回到桃苑,狐袖兒百思不得其解,她有什麼地方做得不對嗎?爲什麼勾引不成,還適得其反?
看來她需要等到只有他們兩人的時候再進行計劃。
對了!俗話說日久生情,如果她把他睡了,他會不會就慢慢的發現她的好,慢慢的愛上自己了?
狐袖兒忽然靈光一閃。
畢竟她再怎麼忙活,都不如撲倒他,如果能報此仇,犧牲一下身體又何妨?何況她本來就是他的王妃。
雖然不知道他這個花心大蘿蔔爲何到現在都沒碰過自己,但只要她出手,事情肯定就能辦成。
將計就計,她今晚就去給他侍寢!
狐袖兒飛快的來到鏡前,喚來芷芸替自己重新梳了個整齊的髮髻,將好看的步搖與簪子都往頭上戴,施了粉黛,在眉心點了顆硃砂,沒了小家碧玉的姿態倒有了幾分妖嬈的模樣。
她今晚的樣子一定能把他驚豔住,從而拜倒在她的襦裙下!
狐袖兒在心中竊喜着,不知不覺便迎來了夜晚。
月色如洗,星辰璀璨。
她又一次翻了牆,來到他的房門前。輕輕敲了敲門,發現門閂沒橫上,她便自個兒開門走了進去。

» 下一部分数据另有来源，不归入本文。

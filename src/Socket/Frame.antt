-- ===== src/Socket/Frame.antt =====
-- The sockets change no state of the client but its server address, and pass no request.
use thingsboard_sdk.Base.{◌≡◌, ℕ, inl, inr, none, some, Option, List, [], ◌∷◌, arith}
use thingsboard_sdk.Types.{ReturnCode, ok, Configuration}
use thingsboard_sdk.Types.Cases.{Result-cases}
use thingsboard_sdk.Fota.Start.{c_string}
use thingsboard_sdk.Platform.{
  Env, SocketOption, zsock_setsockopt, zsock_socket, dtls_1_2, tls_sec_tag_list, tls_hostname,
  tls_dtls_cid, so_keepopen,
}
use thingsboard_sdk.World.{World, M, ask}
use thingsboard_sdk.World.Keeps.{Keeps}
use thingsboard_sdk.Requests.Traffic.{Calm}
use thingsboard_sdk.Socket.{
  socket_close, socket_connect_internal, socket_connect_udp, set_options, connect_dtls, open_dtls,
  socket_connect_dtls, socket_connect, server_resolve,
}

-- The token stays as well.
abbrev Aside : World → World → Type 0
Aside v w = Calm v w × (w.client.access_token ≡ v.client.access_token)

module _ (e : Env) where
  pub socket_close-Calm : (s : Option ℕ) → Keeps Calm (socket_close e s)
  unfolding socket_close
  socket_close-Calm none w = ground arith
  socket_close-Calm (some s) w = ground arith

  socket_connect_udp-Aside : (c : Configuration) → Keeps Aside (socket_connect_udp e c)
  unfolding socket_connect_udp server_resolve socket_connect_internal
  socket_connect_udp-Aside c w = ground arith

  connect_dtls-Aside : (s : ℕ) → Keeps Aside (connect_dtls e s)
  unfolding connect_dtls
  connect_dtls-Aside s w = ground arith

  set_options-Aside :
      (os : List SocketOption) (s : ℕ) (m : M ReturnCode)
      → Keeps Aside m
      → Keeps Aside (set_options e os s m)
  unfolding set_options
  set_options-Aside [] s m h w = h w
  set_options-Aside (o ∷ os) s m h w = ground (
    arith,
    set_options-Aside os s m h (ask (λ t. e.setsockopt_result t s o) (zsock_setsockopt s o) w).0,
  )

  open_dtls-Aside : Keeps Aside (open_dtls e)
  unfolding open_dtls
  open_dtls-Aside w = elim (Result-cases (e.socket_result w.history dtls_1_2)) [
    | inl (s, p) ↦
        rw (p, open_dtls)
          (ground (
            arith,
            set_options-Aside (tls_sec_tag_list ∷ tls_hostname ∷ tls_dtls_cid ∷ so_keepopen ∷ []) s
                (connect_dtls e s) (connect_dtls-Aside s)
                (ask (λ h. ok s) (zsock_socket dtls_1_2) w).0,
          ))
    | inr (x, p) ↦ rw (p, open_dtls) (ground arith)
  ]

  socket_connect_dtls-Aside : (c : Configuration) → Keeps Aside (socket_connect_dtls e c)
  unfolding socket_connect_dtls server_resolve
  socket_connect_dtls-Aside c w =
      ground
        (arith, open_dtls-Aside (server_resolve e (c_string c.server_hostname) c.server_port w).0)

  socket_connect-Aside : (c : Configuration) → Keeps Aside (socket_connect e c)
  unfolding socket_connect
  socket_connect-Aside c w =
      ground (arith, socket_connect_udp-Aside c w, socket_connect_dtls-Aside c w)

  pub socket_connect-Calm : (c : Configuration) → Keeps Calm (socket_connect e c)
  socket_connect-Calm c w = (socket_connect-Aside c w).0

  pub socket_connect-token :
      (c : Configuration) (w : World)
      → (socket_connect e c w).0.client.access_token ≡ w.client.access_token
  socket_connect-token c w = (socket_connect-Aside c w).1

“你來幹什麼?”清冷的聲音響在她耳畔,狐袖兒一轉身發現陸御珩負手而立,正陰鷙的盯着她。
見着她這副樣子,他打心裏浮現出一股厭惡之感,劍眉緊蹙,想看看她意欲何爲。
“自然是來……”勾引你的!狐袖兒一想不妥,不過她臉皮厚,自然還能更厚!
兀自走到牀旁脫了鞋,她爬上他的牀,聲音嬌軟不失誘惑,“王爺~妾身來給您侍寢~”
陸御珩眸中陰鷙不散,冷冷掃了她一眼,薄脣輕啓吐出一字:“滾。”
狐袖兒一愣,不但沒氣餒,面上反而還展現出一抹狡黠的笑。
看來……他是個禁慾系。
她正奇怪,分明自己貌美如花還是堂堂正正嫁進來的,爲何陸御珩從不願碰她,府裏那麼多女人,想必他也都沒碰過吧?
所以那些女人跟自己一樣都被塞進珩王府的,那麼花心大蘿蔔這一說法就不成立了。
不知爲何,想到這裏,狐袖兒竟覺得心中沒由來的舒坦。
面對着陸御珩兇狠又有警告意味的眼神,她不僅不怕,反而一手撐着腦袋斜倚在牀上,衝他嬌媚一笑。
這麼大的誘惑,她就不信陸御珩還能從容鎮靜。
然而事實是他怒了,上前一把將狐袖兒拽下了牀,伸手掐上了她的脖子。
這導致狐袖兒一直僞裝的形象瞬間崩塌,本性暴露了!
“你!”她瞪着他,“免,免費侍寢……愛要不要啊……!”
“像你這樣主動送上門來的女人,本王見多了。”他陰冷的眼神之中又添了許不屑。
她前時果然在裝,不過,主動送上門來的女人都不是什麼好貨,之前,算自己眼挫。
陸御珩好不容易對她生起的半點好感全都消失殆盡。
狐袖兒喫驚道:“你不喜歡,主動的女人……?那,那你主動。”
他的眼底有些出乎意料,斂了神色,語氣中只是越發的怒,“你到底有沒有羞恥心!”
“我還真沒……你真就…看不上我?”她難受的皺眉,努力吸取着微量的氧氣。
“不知廉恥。”他冷哼一聲,手上徒然多了份力,“你不怕本王掐死你?”
她怕倒是怕過,現在一想,便不怕了。